PROMPT. Print the data below exactly, but only the lines from the one containing "valid_role u = is_valid_role u.role" down to the one containing "pub roles : all valid_role rows ≡ true", inclusive.

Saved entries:
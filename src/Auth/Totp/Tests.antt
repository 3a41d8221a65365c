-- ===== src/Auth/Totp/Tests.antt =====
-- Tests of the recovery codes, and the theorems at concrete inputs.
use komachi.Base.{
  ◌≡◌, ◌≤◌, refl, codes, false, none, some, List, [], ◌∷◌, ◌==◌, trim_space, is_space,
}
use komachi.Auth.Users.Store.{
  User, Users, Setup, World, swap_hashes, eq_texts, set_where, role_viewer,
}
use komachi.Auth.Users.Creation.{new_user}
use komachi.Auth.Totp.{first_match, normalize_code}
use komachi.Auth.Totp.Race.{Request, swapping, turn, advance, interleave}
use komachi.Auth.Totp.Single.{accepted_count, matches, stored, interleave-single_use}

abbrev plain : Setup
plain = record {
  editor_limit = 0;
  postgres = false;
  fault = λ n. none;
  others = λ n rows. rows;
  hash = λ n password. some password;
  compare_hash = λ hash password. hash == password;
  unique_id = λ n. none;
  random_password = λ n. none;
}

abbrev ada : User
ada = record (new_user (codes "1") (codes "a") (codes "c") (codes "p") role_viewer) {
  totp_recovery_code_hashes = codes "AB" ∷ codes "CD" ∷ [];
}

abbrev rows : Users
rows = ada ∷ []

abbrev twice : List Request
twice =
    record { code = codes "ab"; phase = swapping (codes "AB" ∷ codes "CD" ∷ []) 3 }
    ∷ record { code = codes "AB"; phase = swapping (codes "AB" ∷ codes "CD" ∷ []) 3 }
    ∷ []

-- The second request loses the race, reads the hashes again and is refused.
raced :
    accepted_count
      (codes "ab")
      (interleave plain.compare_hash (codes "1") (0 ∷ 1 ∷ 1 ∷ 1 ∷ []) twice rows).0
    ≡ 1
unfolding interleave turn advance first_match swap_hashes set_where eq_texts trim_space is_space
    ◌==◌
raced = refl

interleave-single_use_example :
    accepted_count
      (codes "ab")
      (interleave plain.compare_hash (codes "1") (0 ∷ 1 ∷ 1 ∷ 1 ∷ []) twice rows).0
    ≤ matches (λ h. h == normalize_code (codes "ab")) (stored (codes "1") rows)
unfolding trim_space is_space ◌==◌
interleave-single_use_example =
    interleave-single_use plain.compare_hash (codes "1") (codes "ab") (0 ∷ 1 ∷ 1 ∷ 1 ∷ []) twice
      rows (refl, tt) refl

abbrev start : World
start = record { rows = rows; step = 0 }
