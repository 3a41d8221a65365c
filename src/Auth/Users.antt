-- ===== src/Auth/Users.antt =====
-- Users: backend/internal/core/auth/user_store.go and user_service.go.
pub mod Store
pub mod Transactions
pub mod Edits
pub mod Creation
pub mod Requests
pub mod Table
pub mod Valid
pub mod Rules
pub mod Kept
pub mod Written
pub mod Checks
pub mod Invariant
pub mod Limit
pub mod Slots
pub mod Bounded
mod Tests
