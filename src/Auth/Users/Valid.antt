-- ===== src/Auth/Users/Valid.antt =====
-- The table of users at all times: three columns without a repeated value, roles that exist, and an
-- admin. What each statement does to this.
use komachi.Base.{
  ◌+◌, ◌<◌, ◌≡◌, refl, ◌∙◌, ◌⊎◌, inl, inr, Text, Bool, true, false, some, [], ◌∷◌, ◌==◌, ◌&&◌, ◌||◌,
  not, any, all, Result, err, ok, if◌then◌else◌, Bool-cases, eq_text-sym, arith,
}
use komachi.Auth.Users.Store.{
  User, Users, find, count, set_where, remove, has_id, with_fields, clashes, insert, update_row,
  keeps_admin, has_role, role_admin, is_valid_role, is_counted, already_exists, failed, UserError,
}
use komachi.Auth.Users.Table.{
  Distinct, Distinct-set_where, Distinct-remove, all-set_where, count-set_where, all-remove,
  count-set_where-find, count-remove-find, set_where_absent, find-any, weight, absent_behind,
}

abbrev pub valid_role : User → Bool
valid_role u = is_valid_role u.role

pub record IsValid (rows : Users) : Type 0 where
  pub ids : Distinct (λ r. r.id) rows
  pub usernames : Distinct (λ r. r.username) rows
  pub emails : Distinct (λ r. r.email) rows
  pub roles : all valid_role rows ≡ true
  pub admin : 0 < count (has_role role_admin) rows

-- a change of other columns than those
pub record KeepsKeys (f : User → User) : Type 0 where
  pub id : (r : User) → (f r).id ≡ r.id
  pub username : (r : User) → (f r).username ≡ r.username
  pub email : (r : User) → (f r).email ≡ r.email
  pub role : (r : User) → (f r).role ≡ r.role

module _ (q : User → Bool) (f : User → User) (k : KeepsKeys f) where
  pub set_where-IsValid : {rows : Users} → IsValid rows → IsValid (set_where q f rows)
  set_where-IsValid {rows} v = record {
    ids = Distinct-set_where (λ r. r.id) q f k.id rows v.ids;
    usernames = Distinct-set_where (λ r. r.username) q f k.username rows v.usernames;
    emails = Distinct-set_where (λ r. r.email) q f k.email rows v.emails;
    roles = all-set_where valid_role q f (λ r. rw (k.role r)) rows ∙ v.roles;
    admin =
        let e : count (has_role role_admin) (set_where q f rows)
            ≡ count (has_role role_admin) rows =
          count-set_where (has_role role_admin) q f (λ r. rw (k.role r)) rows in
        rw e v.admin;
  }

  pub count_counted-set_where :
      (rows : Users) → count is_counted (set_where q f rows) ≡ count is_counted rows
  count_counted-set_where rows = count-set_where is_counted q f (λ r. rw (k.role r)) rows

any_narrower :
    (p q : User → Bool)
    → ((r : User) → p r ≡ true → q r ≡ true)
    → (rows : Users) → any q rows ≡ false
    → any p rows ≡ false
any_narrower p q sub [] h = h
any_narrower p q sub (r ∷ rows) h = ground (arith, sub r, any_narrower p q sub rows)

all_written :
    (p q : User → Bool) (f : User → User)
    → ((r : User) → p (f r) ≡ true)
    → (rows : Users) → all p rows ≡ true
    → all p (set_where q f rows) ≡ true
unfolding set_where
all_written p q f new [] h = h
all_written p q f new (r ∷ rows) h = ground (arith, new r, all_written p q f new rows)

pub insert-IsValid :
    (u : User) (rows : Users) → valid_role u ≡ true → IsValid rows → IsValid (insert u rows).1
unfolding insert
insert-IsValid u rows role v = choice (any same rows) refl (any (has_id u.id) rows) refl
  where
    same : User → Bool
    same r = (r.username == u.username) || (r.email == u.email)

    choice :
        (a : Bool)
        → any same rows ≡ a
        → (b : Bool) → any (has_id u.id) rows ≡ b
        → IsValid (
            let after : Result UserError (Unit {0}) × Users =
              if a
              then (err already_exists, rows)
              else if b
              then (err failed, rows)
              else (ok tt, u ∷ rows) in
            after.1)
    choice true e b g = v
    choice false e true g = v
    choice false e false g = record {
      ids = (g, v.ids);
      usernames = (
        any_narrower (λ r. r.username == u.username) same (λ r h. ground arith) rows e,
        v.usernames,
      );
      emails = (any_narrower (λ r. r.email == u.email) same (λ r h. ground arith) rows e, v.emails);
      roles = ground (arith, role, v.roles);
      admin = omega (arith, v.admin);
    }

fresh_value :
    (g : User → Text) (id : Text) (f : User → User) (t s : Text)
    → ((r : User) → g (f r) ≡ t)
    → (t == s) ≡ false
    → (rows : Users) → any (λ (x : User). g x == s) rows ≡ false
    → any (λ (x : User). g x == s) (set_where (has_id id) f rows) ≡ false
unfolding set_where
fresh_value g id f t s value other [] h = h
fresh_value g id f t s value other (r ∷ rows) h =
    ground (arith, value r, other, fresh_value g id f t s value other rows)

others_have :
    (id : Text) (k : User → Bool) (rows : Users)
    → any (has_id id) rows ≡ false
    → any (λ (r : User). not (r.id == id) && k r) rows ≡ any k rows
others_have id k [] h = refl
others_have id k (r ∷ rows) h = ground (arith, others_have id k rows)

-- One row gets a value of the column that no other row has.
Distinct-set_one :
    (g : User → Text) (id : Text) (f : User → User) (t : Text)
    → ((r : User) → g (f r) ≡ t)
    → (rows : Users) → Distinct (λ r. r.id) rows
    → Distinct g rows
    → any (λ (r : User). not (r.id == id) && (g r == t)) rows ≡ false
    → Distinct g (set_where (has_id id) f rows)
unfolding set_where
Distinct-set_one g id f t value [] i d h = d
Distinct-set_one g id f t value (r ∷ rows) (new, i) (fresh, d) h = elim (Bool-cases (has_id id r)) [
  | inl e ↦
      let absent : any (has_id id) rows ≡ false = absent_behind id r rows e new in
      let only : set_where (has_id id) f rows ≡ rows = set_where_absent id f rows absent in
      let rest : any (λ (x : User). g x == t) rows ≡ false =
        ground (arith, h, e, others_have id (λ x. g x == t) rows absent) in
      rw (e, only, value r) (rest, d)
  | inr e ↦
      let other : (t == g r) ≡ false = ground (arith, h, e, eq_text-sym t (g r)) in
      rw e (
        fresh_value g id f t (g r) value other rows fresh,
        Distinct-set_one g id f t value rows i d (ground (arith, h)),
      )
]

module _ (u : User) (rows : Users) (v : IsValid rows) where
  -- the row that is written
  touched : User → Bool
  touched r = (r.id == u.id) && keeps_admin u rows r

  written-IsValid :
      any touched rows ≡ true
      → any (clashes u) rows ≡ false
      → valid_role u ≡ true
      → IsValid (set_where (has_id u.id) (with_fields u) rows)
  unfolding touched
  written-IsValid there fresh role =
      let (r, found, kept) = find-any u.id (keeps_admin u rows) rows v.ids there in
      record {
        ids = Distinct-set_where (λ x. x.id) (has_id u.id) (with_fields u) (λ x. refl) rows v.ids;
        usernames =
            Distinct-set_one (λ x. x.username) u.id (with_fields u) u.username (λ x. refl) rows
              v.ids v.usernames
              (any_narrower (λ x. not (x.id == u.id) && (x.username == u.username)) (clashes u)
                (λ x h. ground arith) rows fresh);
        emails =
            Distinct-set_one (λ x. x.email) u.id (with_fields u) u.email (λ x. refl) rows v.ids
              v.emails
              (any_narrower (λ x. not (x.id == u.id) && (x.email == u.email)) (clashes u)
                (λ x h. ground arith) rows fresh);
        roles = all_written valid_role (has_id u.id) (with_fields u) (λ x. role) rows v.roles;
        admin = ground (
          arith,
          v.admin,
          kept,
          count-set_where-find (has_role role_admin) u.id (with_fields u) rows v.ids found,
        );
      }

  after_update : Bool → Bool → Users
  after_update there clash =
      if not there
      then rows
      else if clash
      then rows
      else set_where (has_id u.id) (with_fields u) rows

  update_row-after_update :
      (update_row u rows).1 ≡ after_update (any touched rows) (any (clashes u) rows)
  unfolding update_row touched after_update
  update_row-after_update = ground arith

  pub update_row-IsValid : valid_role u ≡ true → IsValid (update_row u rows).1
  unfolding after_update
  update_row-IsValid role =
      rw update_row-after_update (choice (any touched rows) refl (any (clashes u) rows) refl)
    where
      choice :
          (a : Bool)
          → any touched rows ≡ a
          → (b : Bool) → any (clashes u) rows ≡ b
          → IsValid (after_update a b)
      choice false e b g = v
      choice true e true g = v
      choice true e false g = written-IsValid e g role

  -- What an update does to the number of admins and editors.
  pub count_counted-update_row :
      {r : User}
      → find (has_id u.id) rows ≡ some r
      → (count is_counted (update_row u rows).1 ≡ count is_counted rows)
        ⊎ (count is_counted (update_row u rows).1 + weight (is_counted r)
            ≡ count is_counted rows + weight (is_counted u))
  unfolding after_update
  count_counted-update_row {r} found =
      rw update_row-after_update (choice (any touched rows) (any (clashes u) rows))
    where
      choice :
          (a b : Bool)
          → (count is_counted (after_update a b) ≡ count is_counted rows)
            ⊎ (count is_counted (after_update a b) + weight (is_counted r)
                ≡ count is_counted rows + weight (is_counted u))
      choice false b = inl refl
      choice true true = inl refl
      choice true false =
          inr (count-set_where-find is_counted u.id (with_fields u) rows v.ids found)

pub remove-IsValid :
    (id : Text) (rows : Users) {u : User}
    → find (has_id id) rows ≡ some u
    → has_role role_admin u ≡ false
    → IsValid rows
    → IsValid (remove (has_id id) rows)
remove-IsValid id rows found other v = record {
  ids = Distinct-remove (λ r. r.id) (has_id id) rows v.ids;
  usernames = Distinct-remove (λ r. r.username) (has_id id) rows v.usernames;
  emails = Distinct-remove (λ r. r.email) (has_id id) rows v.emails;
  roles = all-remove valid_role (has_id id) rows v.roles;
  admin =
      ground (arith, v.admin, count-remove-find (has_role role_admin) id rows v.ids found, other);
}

REPLY TO THE TASK.
valid_role u = is_valid_role u.role

pub record IsValid (rows : Users) : Type 0 where
  pub ids : Distinct (λ r. r.id) rows
  pub usernames : Distinct (λ r. r.username) rows
  pub emails : Distinct (λ r. r.email) rows
  pub roles : all valid_role rows ≡ true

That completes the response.